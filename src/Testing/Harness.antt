-- ===== src/Testing/Harness.antt =====
-- testing/harness.go: a server around an application, driven by a test.
-- The test is a state: what was reported with `Errorf` and `Fatalf`, beside the server's state.
-- `Fatalf` reports and ends the test's goroutine; the run then ends as one that panics.
use bapi.Go.Error.{error_text}
use bapi.Base.Int.{pos}
use bapi.Server.{ServerState, Server}
use bapi.Base.{replicate, false, ◌∷◌, some, none, if◌then◌else◌, ◌++◌, ◌*◌, [], ℕ, List}
use bapi.Types.{
  is_accepted, zero_hash, revalidation, first_seen, StateQueryResult, GateVerdict, BlockOutcome, Tx,
  QueryPath, HandshakeResponse, FinalizedBlock, CommitResult, BlockId, GenesisDoc,
}
use bapi.Go.Text.{decimal, text, Bytes}
use bapi.Go.Run.{◌>>◌, ◌>>=◌, pure, blocked, returned, panicked, Fallible, Action}
use bapi.Server
use bapi.Types.Time.{time_to_timestamp, duration_from_go}
use bapi.Go.Time.{second, year_2024, after, int64}

pub record Bench (T : Type 0) : Type 0 where
  pub reports : List Bytes
  pub under : T

unfoldable pub errorf : {T : Type 0} → Bytes → Action (Bench T) (Unit {0})
errorf m b = returned tt (record b { reports = b.reports ++ (m ∷ []) })

unfoldable pub fatalf : {T A : Type 0} → Bytes → Action (Bench T) A
fatalf m b = panicked m (record b { reports = b.reports ++ (m ∷ []) })

-- `NewHarness`
unfoldable pub new_harness : {S : Type 0} → S → Bench (ServerState S)
unfolding Server.new_state
new_harness s = record { reports = []; under = Server.new_state s }

unfoldable pub on_server : {T A : Type 0} → Action T A → Action (Bench T) A
on_server m b = elim (m b.under) [
  | returned a t ↦ returned a (record b { under = t })
  | panicked e t ↦ panicked e (record b { under = t })
  | blocked t ↦ blocked (record b { under = t })
]

-- `if err != nil { t.Fatalf("...: %v", err) }; return value`
unfoldable pub fatal_if : {T A : Type 0} → Bytes → Fallible A → Action (Bench T) A
unfolding fatalf
fatal_if why (a, none) = pure a
fatal_if why (a, some e) = fatalf (why ++ (text ": " ++ error_text e))

-- `DefaultGenesis`
unfoldable pub default_genesis : GenesisDoc
unfolding time_to_timestamp duration_from_go
default_genesis = record {
  chain_id = text "test-chain";
  genesis_time = time_to_timestamp year_2024;
  initial_height = 1;
  consensus_params = record {
    max_block_bytes = 1024 * 1024;
    max_evidence_age = duration_from_go (pos (24 * 3600 * second));
    max_tx_bytes = 64 * 1024;
  };
  validators = [];
  app_state = [];
}

-- `time.Duration(height) * 5 * time.Second`, an int64.
unfoldable pub make_block : ℕ → List Tx → FinalizedBlock
unfolding time_to_timestamp after int64
make_block height txs = record {
  height = height;
  time = time_to_timestamp (after year_2024 (int64 (pos (height * 5 * second))));
  proposer = replicate 20 0;
  txs = txs;
  last_block_hash = zero_hash;
  evidence = [];
  vote_extensions = [];
}

unfoldable pub make_empty_block : ℕ → FinalizedBlock
unfolding make_block
make_empty_block height = make_block height []

module _ {S : Type 0} (srv : Server S) where
  unfoldable pub genesis : GenesisDoc → Action (Bench (ServerState S)) HandshakeResponse
  unfolding on_server fatal_if
  genesis doc = do
    r ← on_server (Server.handshake srv (record { last_committed = none; genesis = some doc }))
    fatal_if (text "Handshake (genesis) failed") r

  unfoldable pub genesis_default : Action (Bench (ServerState S)) HandshakeResponse
  unfolding default_genesis genesis
  genesis_default = genesis default_genesis

  unfoldable pub restart : BlockId → Action (Bench (ServerState S)) HandshakeResponse
  unfolding on_server fatal_if
  restart block = do
    r ← on_server (Server.handshake srv (record { last_committed = some block; genesis = none }))
    fatal_if (text "Handshake (restart) failed") r

  unfoldable pub execute_block : FinalizedBlock → Action (Bench (ServerState S)) BlockOutcome
  unfolding on_server fatal_if
  execute_block block = do
    r ← on_server (Server.execute_block srv block)
    fatal_if (text "ExecuteBlock (height=" ++ (decimal block.height ++ text ") failed")) r

  unfoldable pub commit : Action (Bench (ServerState S)) CommitResult
  unfolding on_server fatal_if
  commit = do r ← on_server (Server.commit srv); fatal_if (text "Commit failed") r

  unfoldable pub execute_and_commit : FinalizedBlock → Action (Bench (ServerState S)) BlockOutcome
  unfolding execute_block commit
  execute_and_commit block = do outcome ← execute_block block; commit; pure outcome

  unfoldable pub check_tx : Tx → Action (Bench (ServerState S)) GateVerdict
  unfolding on_server fatal_if
  check_tx tx = do
    r ← on_server (Server.check_tx srv tx first_seen)
    fatal_if (text "CheckTx failed") r

  unfoldable pub recheck_tx : Tx → Action (Bench (ServerState S)) GateVerdict
  unfolding on_server fatal_if
  recheck_tx tx = do
    r ← on_server (Server.check_tx srv tx revalidation)
    fatal_if (text "RecheckTx failed") r

  unfoldable pub query : QueryPath → Bytes → Action (Bench (ServerState S)) StateQueryResult
  unfolding on_server fatal_if
  query path bytes = do
    r ← on_server (
        Server.query srv (record { path = path; query_data = bytes; height = none; prove = false }))
    fatal_if (text "Query failed") r

  -- `quoted` is the verb `%q` of fmt.
  accepted_or : (Bytes → Bytes) → GateVerdict → Action (Bench (ServerState S)) (Unit {0})
  unfolding fatalf
  accepted_or quoted v =
      if is_accepted v
      then pure tt
      else fatalf (
          text "expected tx accepted, got code="
          ++ (decimal v.code ++ (text " info=" ++ quoted v.info)))

  unfoldable pub must_accept_tx : (Bytes → Bytes) → Tx → Action (Bench (ServerState S)) (Unit {0})
  unfolding check_tx accepted_or
  must_accept_tx quoted tx = do v ← check_tx tx; accepted_or quoted v

  unfoldable pub must_reject_tx : Tx → Action (Bench (ServerState S)) (Unit {0})
  unfolding check_tx fatalf
  must_reject_tx tx = do
    v ← check_tx tx
    if is_accepted v then fatalf (text "expected tx rejected, got accepted") else pure tt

● Work item: Taking the listing above as the source, transcribe only the lines starting at the line with "unfoldable pub fatal_if" and going through the line with "unfoldable pub default_genesis : GenesisDoc", unaltered and with both ends included.

● Result of this task:
unfoldable pub fatal_if : {T A : Type 0} → Bytes → Fallible A → Action (Bench T) A
unfolding fatalf
fatal_if why (a, none) = pure a
fatal_if why (a, some e) = fatalf (why ++ (text ": " ++ error_text e))

-- `DefaultGenesis`
unfoldable pub default_genesis : GenesisDoc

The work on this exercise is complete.